* [Your instructions] In the entries below, find every line holding the string "where" and collect it.

Collected data entries
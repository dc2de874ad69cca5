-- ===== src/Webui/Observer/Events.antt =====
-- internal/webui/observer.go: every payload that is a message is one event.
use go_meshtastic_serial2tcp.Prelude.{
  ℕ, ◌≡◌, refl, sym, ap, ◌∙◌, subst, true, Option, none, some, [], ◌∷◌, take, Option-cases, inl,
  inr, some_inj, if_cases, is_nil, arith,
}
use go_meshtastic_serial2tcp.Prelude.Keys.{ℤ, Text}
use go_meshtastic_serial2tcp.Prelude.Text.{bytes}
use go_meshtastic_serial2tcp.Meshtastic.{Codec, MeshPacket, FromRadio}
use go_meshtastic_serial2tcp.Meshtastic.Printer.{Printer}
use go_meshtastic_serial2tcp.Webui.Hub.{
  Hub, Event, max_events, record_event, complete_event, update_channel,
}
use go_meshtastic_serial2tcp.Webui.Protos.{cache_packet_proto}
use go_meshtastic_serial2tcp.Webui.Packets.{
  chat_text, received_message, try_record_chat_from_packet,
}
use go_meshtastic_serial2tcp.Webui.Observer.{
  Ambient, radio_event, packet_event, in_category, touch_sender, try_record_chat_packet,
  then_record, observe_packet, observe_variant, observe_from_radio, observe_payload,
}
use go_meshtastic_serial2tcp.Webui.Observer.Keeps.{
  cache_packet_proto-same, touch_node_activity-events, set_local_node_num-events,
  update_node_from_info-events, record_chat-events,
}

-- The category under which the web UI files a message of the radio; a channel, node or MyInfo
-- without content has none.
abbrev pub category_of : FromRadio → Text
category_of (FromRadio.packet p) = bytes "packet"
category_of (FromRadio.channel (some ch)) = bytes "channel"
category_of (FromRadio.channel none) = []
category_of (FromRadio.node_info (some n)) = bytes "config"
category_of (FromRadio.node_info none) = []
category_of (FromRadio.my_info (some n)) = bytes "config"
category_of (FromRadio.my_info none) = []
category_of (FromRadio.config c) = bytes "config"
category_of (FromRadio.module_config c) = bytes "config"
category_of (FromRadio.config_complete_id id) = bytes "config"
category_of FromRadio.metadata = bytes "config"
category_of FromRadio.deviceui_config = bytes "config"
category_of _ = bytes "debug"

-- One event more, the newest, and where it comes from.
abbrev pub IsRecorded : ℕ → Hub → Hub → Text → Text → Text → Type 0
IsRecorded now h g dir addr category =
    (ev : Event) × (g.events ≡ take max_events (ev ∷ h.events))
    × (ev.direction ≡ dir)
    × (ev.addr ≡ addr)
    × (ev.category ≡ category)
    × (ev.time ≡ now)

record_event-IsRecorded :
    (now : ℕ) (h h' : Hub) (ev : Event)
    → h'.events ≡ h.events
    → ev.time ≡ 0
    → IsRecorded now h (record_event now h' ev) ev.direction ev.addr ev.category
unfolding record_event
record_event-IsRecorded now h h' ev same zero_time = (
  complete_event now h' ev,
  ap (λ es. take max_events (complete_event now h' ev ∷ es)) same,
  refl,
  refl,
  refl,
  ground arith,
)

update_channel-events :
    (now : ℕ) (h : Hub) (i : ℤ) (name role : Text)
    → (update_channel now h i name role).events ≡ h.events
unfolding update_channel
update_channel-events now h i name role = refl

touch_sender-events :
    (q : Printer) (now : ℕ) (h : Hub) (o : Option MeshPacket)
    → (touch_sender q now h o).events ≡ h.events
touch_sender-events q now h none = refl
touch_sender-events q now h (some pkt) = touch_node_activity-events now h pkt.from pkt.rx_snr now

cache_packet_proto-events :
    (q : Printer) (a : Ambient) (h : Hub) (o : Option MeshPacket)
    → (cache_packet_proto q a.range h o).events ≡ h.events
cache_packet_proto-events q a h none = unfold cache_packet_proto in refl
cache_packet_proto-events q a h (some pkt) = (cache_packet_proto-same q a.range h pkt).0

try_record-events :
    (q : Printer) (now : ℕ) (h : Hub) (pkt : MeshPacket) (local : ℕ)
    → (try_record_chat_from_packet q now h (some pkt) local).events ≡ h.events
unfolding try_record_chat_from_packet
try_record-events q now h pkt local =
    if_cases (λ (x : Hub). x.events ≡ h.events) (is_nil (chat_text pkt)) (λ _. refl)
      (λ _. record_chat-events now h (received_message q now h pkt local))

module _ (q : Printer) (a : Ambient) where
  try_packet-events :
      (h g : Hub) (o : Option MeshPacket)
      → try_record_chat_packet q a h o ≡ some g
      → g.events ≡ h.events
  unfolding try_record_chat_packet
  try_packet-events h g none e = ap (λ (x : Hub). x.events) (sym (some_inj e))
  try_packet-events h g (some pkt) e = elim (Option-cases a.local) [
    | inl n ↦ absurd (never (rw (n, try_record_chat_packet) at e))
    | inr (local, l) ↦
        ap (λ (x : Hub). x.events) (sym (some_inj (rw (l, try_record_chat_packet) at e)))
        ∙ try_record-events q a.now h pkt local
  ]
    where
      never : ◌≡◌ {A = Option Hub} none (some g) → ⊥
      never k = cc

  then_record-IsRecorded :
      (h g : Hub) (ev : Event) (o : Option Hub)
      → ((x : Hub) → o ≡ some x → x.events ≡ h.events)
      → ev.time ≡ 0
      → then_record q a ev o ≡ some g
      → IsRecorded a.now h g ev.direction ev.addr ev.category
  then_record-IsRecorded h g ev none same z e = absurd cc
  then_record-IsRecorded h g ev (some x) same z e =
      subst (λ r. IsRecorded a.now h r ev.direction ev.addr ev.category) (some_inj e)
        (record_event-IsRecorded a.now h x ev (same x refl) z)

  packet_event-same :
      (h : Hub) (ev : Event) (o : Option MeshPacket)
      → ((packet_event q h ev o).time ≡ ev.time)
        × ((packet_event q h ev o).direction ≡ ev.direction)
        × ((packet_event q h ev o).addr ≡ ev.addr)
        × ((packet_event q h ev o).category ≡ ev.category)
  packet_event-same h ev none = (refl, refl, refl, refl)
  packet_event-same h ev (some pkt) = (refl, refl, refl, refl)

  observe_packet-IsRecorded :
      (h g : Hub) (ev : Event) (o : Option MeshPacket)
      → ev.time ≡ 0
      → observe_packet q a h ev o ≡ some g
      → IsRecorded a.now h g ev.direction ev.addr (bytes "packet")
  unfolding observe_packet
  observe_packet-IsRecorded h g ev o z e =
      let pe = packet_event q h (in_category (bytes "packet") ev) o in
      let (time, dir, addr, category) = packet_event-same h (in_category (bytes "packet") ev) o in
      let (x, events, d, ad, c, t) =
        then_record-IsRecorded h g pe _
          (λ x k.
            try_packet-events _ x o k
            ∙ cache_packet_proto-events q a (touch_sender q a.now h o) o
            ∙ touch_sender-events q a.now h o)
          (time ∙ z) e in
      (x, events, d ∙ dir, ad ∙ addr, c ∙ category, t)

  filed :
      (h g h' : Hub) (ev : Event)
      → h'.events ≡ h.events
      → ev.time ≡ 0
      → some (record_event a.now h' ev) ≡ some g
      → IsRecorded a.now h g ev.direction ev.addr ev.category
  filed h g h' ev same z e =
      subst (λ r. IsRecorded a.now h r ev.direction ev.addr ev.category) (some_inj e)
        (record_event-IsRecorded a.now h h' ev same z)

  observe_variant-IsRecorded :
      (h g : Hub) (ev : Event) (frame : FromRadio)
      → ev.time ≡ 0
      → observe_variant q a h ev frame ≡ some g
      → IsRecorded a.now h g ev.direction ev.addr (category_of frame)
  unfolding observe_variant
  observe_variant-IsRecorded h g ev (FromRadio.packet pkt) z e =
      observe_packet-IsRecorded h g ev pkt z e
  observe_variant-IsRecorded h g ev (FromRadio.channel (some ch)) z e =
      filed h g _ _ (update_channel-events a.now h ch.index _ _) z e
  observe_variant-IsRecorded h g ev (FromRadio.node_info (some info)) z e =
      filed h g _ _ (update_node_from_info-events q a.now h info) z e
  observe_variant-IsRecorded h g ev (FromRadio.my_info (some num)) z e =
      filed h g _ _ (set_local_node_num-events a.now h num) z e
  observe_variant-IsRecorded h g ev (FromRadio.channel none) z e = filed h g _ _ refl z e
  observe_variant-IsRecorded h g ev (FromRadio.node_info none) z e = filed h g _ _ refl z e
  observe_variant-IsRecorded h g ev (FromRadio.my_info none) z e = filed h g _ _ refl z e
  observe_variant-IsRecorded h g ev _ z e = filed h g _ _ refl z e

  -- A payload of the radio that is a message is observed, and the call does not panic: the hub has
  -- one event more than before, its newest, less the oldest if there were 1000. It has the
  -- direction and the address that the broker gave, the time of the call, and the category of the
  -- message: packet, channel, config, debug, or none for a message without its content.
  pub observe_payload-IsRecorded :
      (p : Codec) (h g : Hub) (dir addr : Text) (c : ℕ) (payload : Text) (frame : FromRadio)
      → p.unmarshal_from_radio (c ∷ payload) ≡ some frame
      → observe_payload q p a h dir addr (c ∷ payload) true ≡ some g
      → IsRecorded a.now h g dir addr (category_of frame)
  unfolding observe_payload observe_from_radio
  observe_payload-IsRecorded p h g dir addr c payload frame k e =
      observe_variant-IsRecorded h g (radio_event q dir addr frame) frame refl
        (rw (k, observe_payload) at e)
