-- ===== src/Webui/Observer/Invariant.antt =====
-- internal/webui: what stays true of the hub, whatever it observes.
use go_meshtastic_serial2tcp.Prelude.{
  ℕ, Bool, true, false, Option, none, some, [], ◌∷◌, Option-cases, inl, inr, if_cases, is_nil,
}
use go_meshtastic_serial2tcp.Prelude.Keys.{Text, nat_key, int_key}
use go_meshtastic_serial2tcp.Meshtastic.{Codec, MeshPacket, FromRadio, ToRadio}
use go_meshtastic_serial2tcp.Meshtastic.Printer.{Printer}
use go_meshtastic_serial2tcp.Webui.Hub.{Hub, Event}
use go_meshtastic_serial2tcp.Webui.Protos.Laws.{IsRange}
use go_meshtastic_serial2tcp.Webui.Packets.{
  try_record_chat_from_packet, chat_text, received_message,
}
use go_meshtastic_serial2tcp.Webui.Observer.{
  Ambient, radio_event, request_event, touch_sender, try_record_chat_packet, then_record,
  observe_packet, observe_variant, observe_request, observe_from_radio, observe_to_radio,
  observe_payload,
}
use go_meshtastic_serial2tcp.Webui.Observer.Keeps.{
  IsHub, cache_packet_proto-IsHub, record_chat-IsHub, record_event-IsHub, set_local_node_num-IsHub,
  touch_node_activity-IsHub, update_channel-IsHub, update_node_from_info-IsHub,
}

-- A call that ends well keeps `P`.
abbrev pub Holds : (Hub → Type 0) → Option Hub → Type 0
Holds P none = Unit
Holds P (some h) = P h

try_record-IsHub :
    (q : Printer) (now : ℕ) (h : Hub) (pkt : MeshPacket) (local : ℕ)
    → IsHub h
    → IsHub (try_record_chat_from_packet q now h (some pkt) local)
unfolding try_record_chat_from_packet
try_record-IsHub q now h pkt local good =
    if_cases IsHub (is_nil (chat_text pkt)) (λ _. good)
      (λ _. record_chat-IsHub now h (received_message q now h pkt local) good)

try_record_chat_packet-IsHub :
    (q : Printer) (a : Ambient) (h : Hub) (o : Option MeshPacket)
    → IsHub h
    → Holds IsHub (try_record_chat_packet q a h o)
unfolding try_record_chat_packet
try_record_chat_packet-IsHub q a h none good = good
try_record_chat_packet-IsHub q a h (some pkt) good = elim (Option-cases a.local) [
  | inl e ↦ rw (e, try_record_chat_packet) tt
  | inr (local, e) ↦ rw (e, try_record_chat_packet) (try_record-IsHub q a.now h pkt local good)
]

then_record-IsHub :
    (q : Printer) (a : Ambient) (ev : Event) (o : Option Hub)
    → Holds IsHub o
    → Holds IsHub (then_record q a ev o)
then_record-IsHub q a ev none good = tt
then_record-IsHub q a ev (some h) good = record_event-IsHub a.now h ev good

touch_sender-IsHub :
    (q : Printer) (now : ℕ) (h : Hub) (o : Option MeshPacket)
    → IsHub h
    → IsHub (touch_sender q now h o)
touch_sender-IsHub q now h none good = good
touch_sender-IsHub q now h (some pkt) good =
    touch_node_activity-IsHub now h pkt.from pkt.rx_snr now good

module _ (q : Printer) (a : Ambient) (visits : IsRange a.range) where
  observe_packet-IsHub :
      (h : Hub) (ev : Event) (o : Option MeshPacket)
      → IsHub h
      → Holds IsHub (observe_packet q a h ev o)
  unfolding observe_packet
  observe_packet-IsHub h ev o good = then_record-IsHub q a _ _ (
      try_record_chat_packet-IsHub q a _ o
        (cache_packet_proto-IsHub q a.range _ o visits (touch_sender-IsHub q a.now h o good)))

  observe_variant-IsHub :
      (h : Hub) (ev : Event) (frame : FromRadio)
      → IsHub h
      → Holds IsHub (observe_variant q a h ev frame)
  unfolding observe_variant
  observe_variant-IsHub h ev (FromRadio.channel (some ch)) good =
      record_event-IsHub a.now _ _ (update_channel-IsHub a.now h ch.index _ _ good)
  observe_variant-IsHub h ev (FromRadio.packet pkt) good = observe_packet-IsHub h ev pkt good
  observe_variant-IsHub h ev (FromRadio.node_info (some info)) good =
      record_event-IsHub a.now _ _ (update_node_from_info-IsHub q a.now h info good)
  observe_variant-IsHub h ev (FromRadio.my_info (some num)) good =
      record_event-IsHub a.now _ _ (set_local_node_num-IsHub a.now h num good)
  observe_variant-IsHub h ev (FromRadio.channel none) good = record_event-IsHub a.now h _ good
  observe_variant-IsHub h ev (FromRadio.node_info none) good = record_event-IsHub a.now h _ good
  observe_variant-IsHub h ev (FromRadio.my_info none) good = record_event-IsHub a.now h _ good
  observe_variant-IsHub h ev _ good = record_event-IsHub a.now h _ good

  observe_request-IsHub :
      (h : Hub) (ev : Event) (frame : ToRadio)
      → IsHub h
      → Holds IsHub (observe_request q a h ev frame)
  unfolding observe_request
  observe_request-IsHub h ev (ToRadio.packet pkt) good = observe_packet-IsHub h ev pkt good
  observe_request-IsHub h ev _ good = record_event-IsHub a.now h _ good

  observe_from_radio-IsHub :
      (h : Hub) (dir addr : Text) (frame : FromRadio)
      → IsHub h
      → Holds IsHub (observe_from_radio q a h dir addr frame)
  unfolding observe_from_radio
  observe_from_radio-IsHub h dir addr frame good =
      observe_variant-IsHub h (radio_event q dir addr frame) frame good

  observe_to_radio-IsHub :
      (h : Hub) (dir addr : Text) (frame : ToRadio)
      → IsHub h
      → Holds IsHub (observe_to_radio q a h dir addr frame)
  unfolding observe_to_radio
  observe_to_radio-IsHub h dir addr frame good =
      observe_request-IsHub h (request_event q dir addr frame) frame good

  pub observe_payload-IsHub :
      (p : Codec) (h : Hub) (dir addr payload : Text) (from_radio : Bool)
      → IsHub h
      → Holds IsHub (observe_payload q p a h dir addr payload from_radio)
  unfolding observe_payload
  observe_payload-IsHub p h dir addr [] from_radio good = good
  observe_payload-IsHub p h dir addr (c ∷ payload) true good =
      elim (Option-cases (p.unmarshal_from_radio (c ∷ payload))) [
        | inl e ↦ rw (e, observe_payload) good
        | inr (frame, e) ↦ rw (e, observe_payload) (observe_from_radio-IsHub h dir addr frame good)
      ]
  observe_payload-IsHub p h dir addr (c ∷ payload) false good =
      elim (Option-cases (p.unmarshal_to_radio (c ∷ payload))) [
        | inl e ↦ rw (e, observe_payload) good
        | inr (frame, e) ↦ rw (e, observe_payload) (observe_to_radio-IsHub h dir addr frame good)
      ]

* [Solution to this problem]
-- One event more, the newest, and where it comes from.
module _ (q : Printer) (a : Ambient) where
    where
module _ (q : Printer) (a : Ambient) (visits : IsRange a.range) where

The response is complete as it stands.